November 27, 2020

Energy Agency Calls for Rise in World Oil Output

PARIS — Expressing “serious concern” about elevated crude oil prices, the International Energy Agency on Thursday called for an increase in world oil production. It was an unusual move that highlighted consumer countries’ frustration at the failure of oil-producing nations to lift output in the face of rising demand and tighter supply.

Analysts suggested that the agency, which usually does not comment on oil producers’ policies, was signaling a shift in stance to become more confrontational toward the main producers over their failure to increase the flow of oil to world markets.

The call for added production also appears to be a move by the agency, which represents 28 developed economies, to distance itself from the period under its departing chief, Nobuo Tanaka. It was seen by many as too accommodating to Saudi Arabia, and too content to accept the Organization of the Petroleum Exporting Countries’ narrative of blaming speculation, rather than market fundamentals, for high prices.

The agency’s monthly Oil Market Report, respected by industry practitioners, has recently been warning about tightening market conditions as supply has not caught up with strong demand.

After a two-day meeting, the International Energy Agency’s governing board issued a statement expressing “serious concern” at “growing signs that the rise in oil prices since September is affecting the economic recovery by widening global imbalances, reducing household and business income and placing upward pressure on inflation and interest rates.”

As global demand for oil typically increases from May to August, “there is a clear, urgent need for additional supplies on a more competitive basis to be made available to refiners to prevent a further tightening of the market,” it said.
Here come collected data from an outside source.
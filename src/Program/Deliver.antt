-- ===== src/Program/Deliver.antt =====
-- A block from the file of one program to the handler of another.
use p2p_live_streming_system.Prelude.{
  ℕ, ◌+◌, ◌≤◌, ◌≡◌, refl, sym, ap, ◌∙◌, List, [], ◌∷◌, ◌++◌, some, length, take, drop, read, Buf,
}
use p2p_live_streming_system.Packet.{IsEndpoint, packet_generate}
use p2p_live_streming_system.Block.{Block, get_next_block_by_bytes, max_block_bytes}
use p2p_live_streming_system.Block.Bounds.{Fits, IsReady, next-AllFits}
use p2p_live_streming_system.Fault.{ok}
use p2p_live_streming_system.Store.Seek.{cal_offset}
use p2p_live_streming_system.Store.Seek.Read.{search_webm-read}
use p2p_live_streming_system.Node.{send_packet}
use p2p_live_streming_system.Node.Send.{block_proto}
use p2p_live_streming_system.Program.{Program}
use p2p_live_streming_system.Program.Cache.{
  send_cache_block, send_found, block_buffer, zeroed, seek_r, searched,
}
use p2p_live_streming_system.Program.Frame.{
  block_payload, send_buffer-block, Delivered, frame-Delivered,
}

-- SendCacheBlock on a block that is ready to be filled, with GetNextBlockByBytes finding a next block
-- in the file at the place that CalOffset gives, and at least 1000 bytes of the file from there on:
-- it sends one frame. A peer accepts the frame exactly if its address and port are those of the
-- slot, and reads in it the info of the next block and the bytes of the file at that place, as many
-- as the info says.
pub send_cache_block-Delivered :
    (old : Buf) (p : Program) (block next : Block) (status dst_id : ℕ)
    → get_next_block_by_bytes block max_block_bytes (block_buffer p.store old block)
      ≡ some (status, next)
    → IsReady block
    → cal_offset p.store old block.prev + max_block_bytes ≤ p.store.total_file_bytes
    → cal_offset p.store old block.prev + max_block_bytes ≤ length p.store.file
    → IsEndpoint p.node.source
    → IsEndpoint (p.node.dst dst_id)
    → (q : Program) × (frame : List ℕ) × (send_cache_block old p block dst_id
        ≡ ok (status, next, q))
      × (q.node.sent ≡ p.node.sent ++ (frame ∷ []))
      × Delivered next.info
          (take next.info.bytes (drop (cal_offset p.store old block.prev) p.store.file))
          p.node.source
          (p.node.dst dst_id)
          frame
unfolding send_cache_block send_packet
send_cache_block-Delivered old p block next status dst_id e ready room held hs hd = (
  seek_r (record p { node = send_packet p.node (block_proto ∷ block_payload next.info buf) dst_id })
      (cal_offset p.store old block.prev) (searched p.store (cal_offset p.store old block.prev)),
  frame,
  ap (send_found p (cal_offset p.store old block.prev) buf dst_id) e ∙ sent,
  refl,
  rw bytes
      (frame-Delivered p.node.source (p.node.dst dst_id) next.info buf hs hd (fits.0) (fits.1)),
)
  where
    buf : Buf
    buf = block_buffer p.store old block

    fits : Fits next.info
    fits = rw e at (next-AllFits block buf ready)

    sent :
        send_found p (cal_offset p.store old block.prev) buf dst_id (some (status, next))
        ≡ ok (
          status,
          next,
          seek_r
              (record p {
                node = send_packet p.node (block_proto ∷ block_payload next.info buf) dst_id;
              })
              (cal_offset p.store old block.prev)
              (searched p.store (cal_offset p.store old block.prev)),
        )
    sent = unfold send_found in rw (send_buffer-block p.node next.info buf dst_id fits.1) refl

    frame : List ℕ
    frame =
        packet_generate p.node.source (p.node.dst dst_id)
          (block_proto ∷ block_payload next.info buf)

    bytes :
        take next.info.bytes (drop (cal_offset p.store old block.prev) p.store.file)
        ≡ read next.info.bytes buf
    bytes = sym (
        search_webm-read p.store (zeroed old) max_block_bytes next.info.bytes
          (cal_offset p.store old block.prev) room held fits.1)
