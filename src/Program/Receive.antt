-- ===== src/Program/Receive.antt =====
-- One round of the receive loops (Receive in src/peer/main.c and in src/originsource/main.c).
use p2p_live_streming_system.Prelude.{
  ℕ, ◌+◌, List, [], ◌∷◌, some, true, not, ◌&&◌, ◌==◌, if◌then◌else◌, Buf,
}
use p2p_live_streming_system.Packet.{ignored, arp, datagram, receive, handler_data}
use p2p_live_streming_system.Fault.{Result, ok, ◌>>=◌}
use p2p_live_streming_system.Store.{Store, init_cluster}
use p2p_live_streming_system.Store.Assemble.{running, finished, is_run, assemble_block}
use p2p_live_streming_system.Node.{Node, World}
use p2p_live_streming_system.Node.Send.{
  setup_proto, block_proto, initial_status_proto, advertise_proto, connect_proto, depart_proto,
  detach_proto, accept_proto, unaccept_proto, req_list_proto, res_list_proto, id_proto,
  keepalive_proto, keepaliveres_proto, send_id,
}
use p2p_live_streming_system.Node.Join.{node_setup, node_id, node_initial_status, node_advertise}
use p2p_live_streming_system.Node.Reconnect.{
  node_connect, node_depart, node_detach, node_accept, node_unaccept,
}
use p2p_live_streming_system.Node.Exchange.{
  node_keepalive, node_keepalive_res, node_req_list, node_res_list,
}
use p2p_live_streming_system.Program.{Program, with_node, with_store}
use p2p_live_streming_system.Program.Cache.{send_mul_stream}

-- What a round leaves: a program that goes on, or the file with which AssembleBlock ends it.
pub data Outcome : Type 0 where
  goes_on : Program → Outcome
  ended : Store → Outcome

-- An `if … else if` chain on one number: the value of the first entry with it, or the last value.
unfoldable pub select {ℓ} : {A : Type ℓ} → ℕ → List (ℕ × A) → A → A
select k [] v = v
select k ((key, value) ∷ l) v = if k == key then value else select k l v

-- A handler of the node, in the program.
abbrev pub handled : Program → Result Node → Result Outcome
handled p r = do n ← r; ok (goes_on (with_node p n))

-- What malloc gives InitCluster; the two `seq` are those that NodeInitialStatus has.
abbrev cluster_junk : World → ℕ → ℕ
cluster_junk w i = if i == 1 then w.junk 0 else if i == 4 then w.junk 1 else w.junk (i + 2)

-- NodeInitialStatus, with InitCluster.
abbrev pub handle_initial_status : Program → World → Buf → ℕ → Program
handle_initial_status p w recv_data data_bytes =
    with_node
      (record p {
        store = (let s = p.store in record s { clusters = some (init_cluster (cluster_junk w)) });
      })
      (node_initial_status p.node w recv_data data_bytes)

-- AssembleBlock in the program.
abbrev pub handle_block : Program → Buf → ℕ → Result Outcome
handle_block p recv_data data_bytes = do
  assembled ← assemble_block p.store recv_data data_bytes
  elim assembled [ running s ↦ ok (goes_on (with_store p s)) | finished s ↦ ok (ended s) ]

-- The dispatch of a peer on the protocol byte.
unfoldable pub peer_dispatch : Program → World → Buf → ℕ → ℕ → ℕ → ℕ → Result Outcome
peer_dispatch p w recv_data protocol data_bytes saddr source =
    let n = p.node in
    select protocol
      ((setup_proto, handled p (node_setup n w recv_data saddr source))
        ∷ (id_proto, handled p (ok (node_id n recv_data)))
        ∷ (initial_status_proto, ok (goes_on (handle_initial_status p w recv_data data_bytes)))
        ∷ (advertise_proto, handled p (ok (node_advertise n w recv_data data_bytes)))
        ∷ (block_proto, handle_block p recv_data data_bytes)
        ∷ (connect_proto, handled p (node_connect n w recv_data))
        ∷ (depart_proto, handled p (ok (node_depart n w recv_data)))
        ∷ (detach_proto, handled p (node_detach n w recv_data))
        ∷ (req_list_proto, handled p (node_req_list n recv_data))
        ∷ (res_list_proto, handled p (ok (node_res_list n recv_data data_bytes)))
        ∷ (accept_proto, handled p (ok (node_accept n w recv_data)))
        ∷ (unaccept_proto, handled p (node_unaccept n recv_data))
        ∷ (keepalive_proto, handled p (ok (node_keepalive n recv_data)))
        ∷ (keepaliveres_proto, handled p (ok (node_keepalive_res n w recv_data)))
        ∷ [])
      (ok (goes_on p))

-- The dispatch of the origin: a SETUP of four bytes gets an id first, and BLOCK, RES_LIST, ACCEPT and
-- UNACCEPT are only printed.
unfoldable pub origin_dispatch : Program → World → Buf → ℕ → ℕ → ℕ → ℕ → Result Outcome
origin_dispatch p w recv_data protocol data_bytes saddr source =
    let n = p.node in
    select protocol
      ((
        setup_proto,
        handled p (
            node_setup (if data_bytes == 4 then send_id n saddr source else n) w recv_data saddr
              source),
      )
        ∷ (initial_status_proto, ok (goes_on (handle_initial_status p w recv_data data_bytes)))
        ∷ (advertise_proto, handled p (ok (node_advertise n w recv_data data_bytes)))
        ∷ (block_proto, ok (goes_on p))
        ∷ (connect_proto, handled p (node_connect n w recv_data))
        ∷ (depart_proto, handled p (ok (node_depart n w recv_data)))
        ∷ (detach_proto, handled p (node_detach n w recv_data))
        ∷ (req_list_proto, handled p (node_req_list n recv_data))
        ∷ (res_list_proto, ok (goes_on p))
        ∷ (accept_proto, ok (goes_on p))
        ∷ (unaccept_proto, ok (goes_on p))
        ∷ (keepalive_proto, handled p (ok (node_keepalive n recv_data)))
        ∷ (keepaliveres_proto, handled p (ok (node_keepalive_res n w recv_data)))
        ∷ [])
      (ok (goes_on p))

-- An ARP frame: the sender of the first that is not a broadcast is the gateway.
unfoldable pub receive_arp : Program → Buf → Program
receive_arp p packet =
    if not (is_run 6 0xff packet) && not p.is_gateway_mac_get
    then record p {
      is_gateway_mac_get = true;
      node =
          (let n = p.node in
            record n {
              gateway_mac = record {
                m0 = packet 6;
                m1 = packet 7;
                m2 = packet 8;
                m3 = packet 9;
                m4 = packet 10;
                m5 = packet 11;
              };
            });
    }
    else p

abbrev pub os_port : ℕ
os_port = 12345

-- A frame at a peer and at the origin, up to the end of the dispatch.
unfoldable pub peer_frame : Program → World → Buf → Result Outcome
peer_frame p w packet = elim (receive p.node.source.ip p.node.source.port packet) [
  | ignored ↦ ok (goes_on p)
  | arp ↦ ok (goes_on (receive_arp p packet))
  | datagram protocol data_bytes saddr source ↦
      peer_dispatch p w (handler_data packet) protocol data_bytes saddr source
]

unfoldable pub origin_frame : Program → World → Buf → Result Outcome
origin_frame p w packet = elim (receive p.node.source.ip os_port packet) [
  | ignored ↦ ok (goes_on p)
  | arp ↦ ok (goes_on (receive_arp p packet))
  | datagram protocol data_bytes saddr source ↦
      origin_dispatch p w (handler_data packet) protocol data_bytes saddr source
]

-- The end of a peer's round.
abbrev pub stream_if_playing : Buf → Outcome → Result Outcome
stream_if_playing old (goes_on p) =
    if p.node.is_begin_playing
    then (send_mul_stream old p >>= λ (q, ret). ok (goes_on q))
    else ok (goes_on p)
stream_if_playing old (ended s) = ok (ended s)

-- One round of Receive of a peer.
unfoldable pub peer_round : Buf → Program → World → Buf → Result Outcome
peer_round old p w packet = peer_frame p w packet >>= stream_if_playing old
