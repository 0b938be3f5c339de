-- ===== src/Program/Dispatch.antt =====
-- The count of the children in the dispatch on the protocol byte (src/peer/main.c,
-- src/originsource/main.c).
use p2p_live_streming_system.Prelude.{
  ℕ, ◌≡◌, List, [], ◌∷◌, true, false, Bool, Bool-cases, inl, inr, ◌==◌, ==_iff, if◌then◌else◌, Buf,
}
use p2p_live_streming_system.Wire.{copy_bytes_to_node_status}
use p2p_live_streming_system.Fault.{Result, ok, err, Ensures, ◌>>=◌}
use p2p_live_streming_system.Store.Assemble.{Assembled, running, finished, assemble_block}
use p2p_live_streming_system.Node.{
  Node, World, bit, parent_id, my_status, renew_dst_ip_and_mac, send_packet,
}
use p2p_live_streming_system.Node.Send.{initial_status_proto, depart_proto, detach_proto, send_id}
use p2p_live_streming_system.Node.Join.{node_id}
use p2p_live_streming_system.Node.Exchange.{node_res_list}
use p2p_live_streming_system.Node.Invariant.{Counted, node_setup-Counted}
use p2p_live_streming_system.Node.Steps.{
  Connected, node_connect-Counted, node_depart-Counted, node_detach-Counted, node_accept-Counted,
  node_unaccept-Counted, node_keepalive-Counted, node_keepalive_res-Counted, node_req_list-Counted,
  node_initial_status-Counted, node_advertise-Counted,
}
use p2p_live_streming_system.Program.{Program, with_store}
use p2p_live_streming_system.Program.Receive.{
  Outcome, goes_on, ended, select, handled, handle_block, peer_dispatch, origin_dispatch,
}

-- Each entry of a table that is taken for `k` has the property.
abbrev Cases {ℓ κ} : {A : Type ℓ} → ℕ → (A → Type κ) → List (ℕ × A) → Type κ
Cases k P [] = Unit
Cases k P ((key, v) ∷ l) = (k ≡ key → P v) × Cases k P l

infixr 4 ◌&◌
◌&◌ {ℓ κ} : {A : Type ℓ} {B : Type κ} → A → B → A × B
h & rest = (h, rest)

select-Cases {ℓ κ} :
    {A : Type ℓ} (k : ℕ) (P : A → Type κ) (l : List (ℕ × A)) (v : A)
    → Cases k P l
    → P v
    → P (select k l v)
unfolding select
select-Cases k P [] v h d = d
select-Cases k P ((key, value) ∷ l) v h d = elim (Bool-cases (k == key)) [
  | inl e ↦ rw e (h.0 ((==_iff k key).0 e))
  | inr e ↦ rw e (select-Cases k P l v h.1 d)
]

-- A program that goes on has a right count.
abbrev pub StaysCounted : Outcome → Type 0
StaysCounted (goes_on p) = Counted p.node
StaysCounted (ended s) = Unit

-- What the handlers rely on: statuses arrive only at a node without a parent, a departing id stands
-- only in connected slots, and a detach arrives only from a parent that is connected.
pub record IsExpected (n : Node) (protocol : ℕ) (recv_data : Buf) : Type 0 where
  pub initial_status : protocol ≡ initial_status_proto → bit n.connected_nodes parent_id ≡ false
  pub depart :
      protocol ≡ depart_proto → Connected n (copy_bytes_to_node_status (my_status n) recv_data).id
  pub detach : protocol ≡ detach_proto → bit n.connected_nodes parent_id ≡ true

handled-StaysCounted :
    (p : Program) (r : Result Node) → Ensures Counted r → Ensures StaysCounted (handled p r)
handled-StaysCounted p (ok n) h = h
handled-StaysCounted p (err f) h = tt

handle_block-StaysCounted :
    (p : Program) (recv_data : Buf) (data_bytes : ℕ)
    → Counted p.node
    → Ensures StaysCounted (handle_block p recv_data data_bytes)
handle_block-StaysCounted p recv_data data_bytes h =
    go (assemble_block p.store recv_data data_bytes)
  where
    go :
        (r : Result Assembled)
        → Ensures StaysCounted (
            r >>= λ assembled. elim assembled [
              | running s ↦ ok (goes_on (with_store p s))
              | finished s ↦ ok (ended s)
            ])
    go (ok (running s)) = h
    go (ok (finished s)) = tt
    go (err f) = tt

pub peer_dispatch-StaysCounted :
    (p : Program) (w : World) (recv_data : Buf) (protocol data_bytes saddr source : ℕ)
    → Counted p.node
    → IsExpected p.node protocol recv_data
    → Ensures StaysCounted (peer_dispatch p w recv_data protocol data_bytes saddr source)
unfolding peer_dispatch node_id node_res_list
peer_dispatch-StaysCounted p w recv_data protocol data_bytes saddr source h expected =
    let n = p.node in
    select-Cases protocol (Ensures StaysCounted) _ _
      ((λ e. handled-StaysCounted p _ (node_setup-Counted n w recv_data saddr source h))
        & (λ e. h)
        & (λ e. node_initial_status-Counted n w recv_data data_bytes h (expected.initial_status e))
        & (λ e. node_advertise-Counted n w recv_data data_bytes h)
        & (λ e. handle_block-StaysCounted p recv_data data_bytes h)
        & (λ e. handled-StaysCounted p _ (node_connect-Counted n w recv_data h))
        & (λ e. node_depart-Counted n w recv_data h (expected.depart e))
        & (λ e. handled-StaysCounted p _ (node_detach-Counted n w recv_data h (expected.detach e)))
        & (λ e. handled-StaysCounted p _ (node_req_list-Counted n recv_data h))
        & (λ e. h)
        & (λ e. node_accept-Counted n w recv_data h)
        & (λ e. handled-StaysCounted p _ (node_unaccept-Counted n recv_data h))
        & (λ e. node_keepalive-Counted n recv_data h)
        & (λ e. node_keepalive_res-Counted n w recv_data h)
        & tt)
      h

send_id-Counted :
    (n : Node) (c : Bool) (saddr source : ℕ)
    → Counted n
    → Counted (if c then send_id n saddr source else n)
unfolding send_id renew_dst_ip_and_mac send_packet
send_id-Counted n true saddr source h = h
send_id-Counted n false saddr source h = h

pub origin_dispatch-StaysCounted :
    (p : Program) (w : World) (recv_data : Buf) (protocol data_bytes saddr source : ℕ)
    → Counted p.node
    → IsExpected p.node protocol recv_data
    → Ensures StaysCounted (origin_dispatch p w recv_data protocol data_bytes saddr source)
unfolding origin_dispatch
origin_dispatch-StaysCounted p w recv_data protocol data_bytes saddr source h expected =
    let n = p.node in
    select-Cases protocol (Ensures StaysCounted) _ _
      ((λ e. handled-StaysCounted p _ (
          node_setup-Counted _ w recv_data saddr source
            (send_id-Counted n (data_bytes == 4) saddr source h)))
        & (λ e. node_initial_status-Counted n w recv_data data_bytes h (expected.initial_status e))
        & (λ e. node_advertise-Counted n w recv_data data_bytes h)
        & (λ e. h)
        & (λ e. handled-StaysCounted p _ (node_connect-Counted n w recv_data h))
        & (λ e. node_depart-Counted n w recv_data h (expected.depart e))
        & (λ e. handled-StaysCounted p _ (node_detach-Counted n w recv_data h (expected.detach e)))
        & (λ e. handled-StaysCounted p _ (node_req_list-Counted n recv_data h))
        & (λ e. h)
        & (λ e. h)
        & (λ e. h)
        & (λ e. node_keepalive-Counted n recv_data h)
        & (λ e. node_keepalive_res-Counted n w recv_data h)
        & tt)
      h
The agency’s board also said it was prepared “to consider using all tools that are at the disposal of I.E.A. member countries.” That was seen by analysts as a veiled warning to OPEC that the agency could, in an extreme case, call for its member countries to agree to release emergency oil stocks if the market situation deteriorated.

“So far there hasn’t been much reaction in the West to the high prices,” said Leo Drollas, chief economist at the Center for Global Energy Studies in London. “It now looks like they are being more assertive.”

Oil prices, which have been climbing since the end of last summer, have risen more sharply this year amid turmoil in North Africa and the Middle East. Light, sweet crude for July delivery was quoted at $98.50 in late trading Thursday in New York, down $1.65 a barrel. It rose to almost $115 in April.

Despite commitments from Saudi Arabia, the biggest OPEC producer, to use its spare capacity to increase output and replace the supplies lost because of the uprising in Libya, the cartel’s production is now running 1.3 million barrels a day below the level seen before the crisis, according to the I.E.A.

Mr. Drollas said that crude output was likely to fall in the second quarter from the first quarter, while reserve stocks had also declined. OPEC oil ministers are scheduled to meet in Vienna on June 8.

Mr. Tanaka will finish his single, four-year term as the I.E.A.’s executive director in August. It is unusual for a chief to serve just one term. He will be succeeded by Maria van der Hoeven, a former Dutch minister of economic affairs.

Under Mr. Tanaka’s watch, there has been an emphasis on close collaboration with Ali al-Naimi, the Saudi oil minister, and an attempt to bolster the Riyadh-based International Energy Forum, which brings together energy ministers from producer and consumer countries.

But that group is seen by many analysts, including Mr. Drollas, as ineffective, especially its flagship project — a database called the Joint Organizations Data Initiative — which lacks critical data from suppliers and large consumers like China.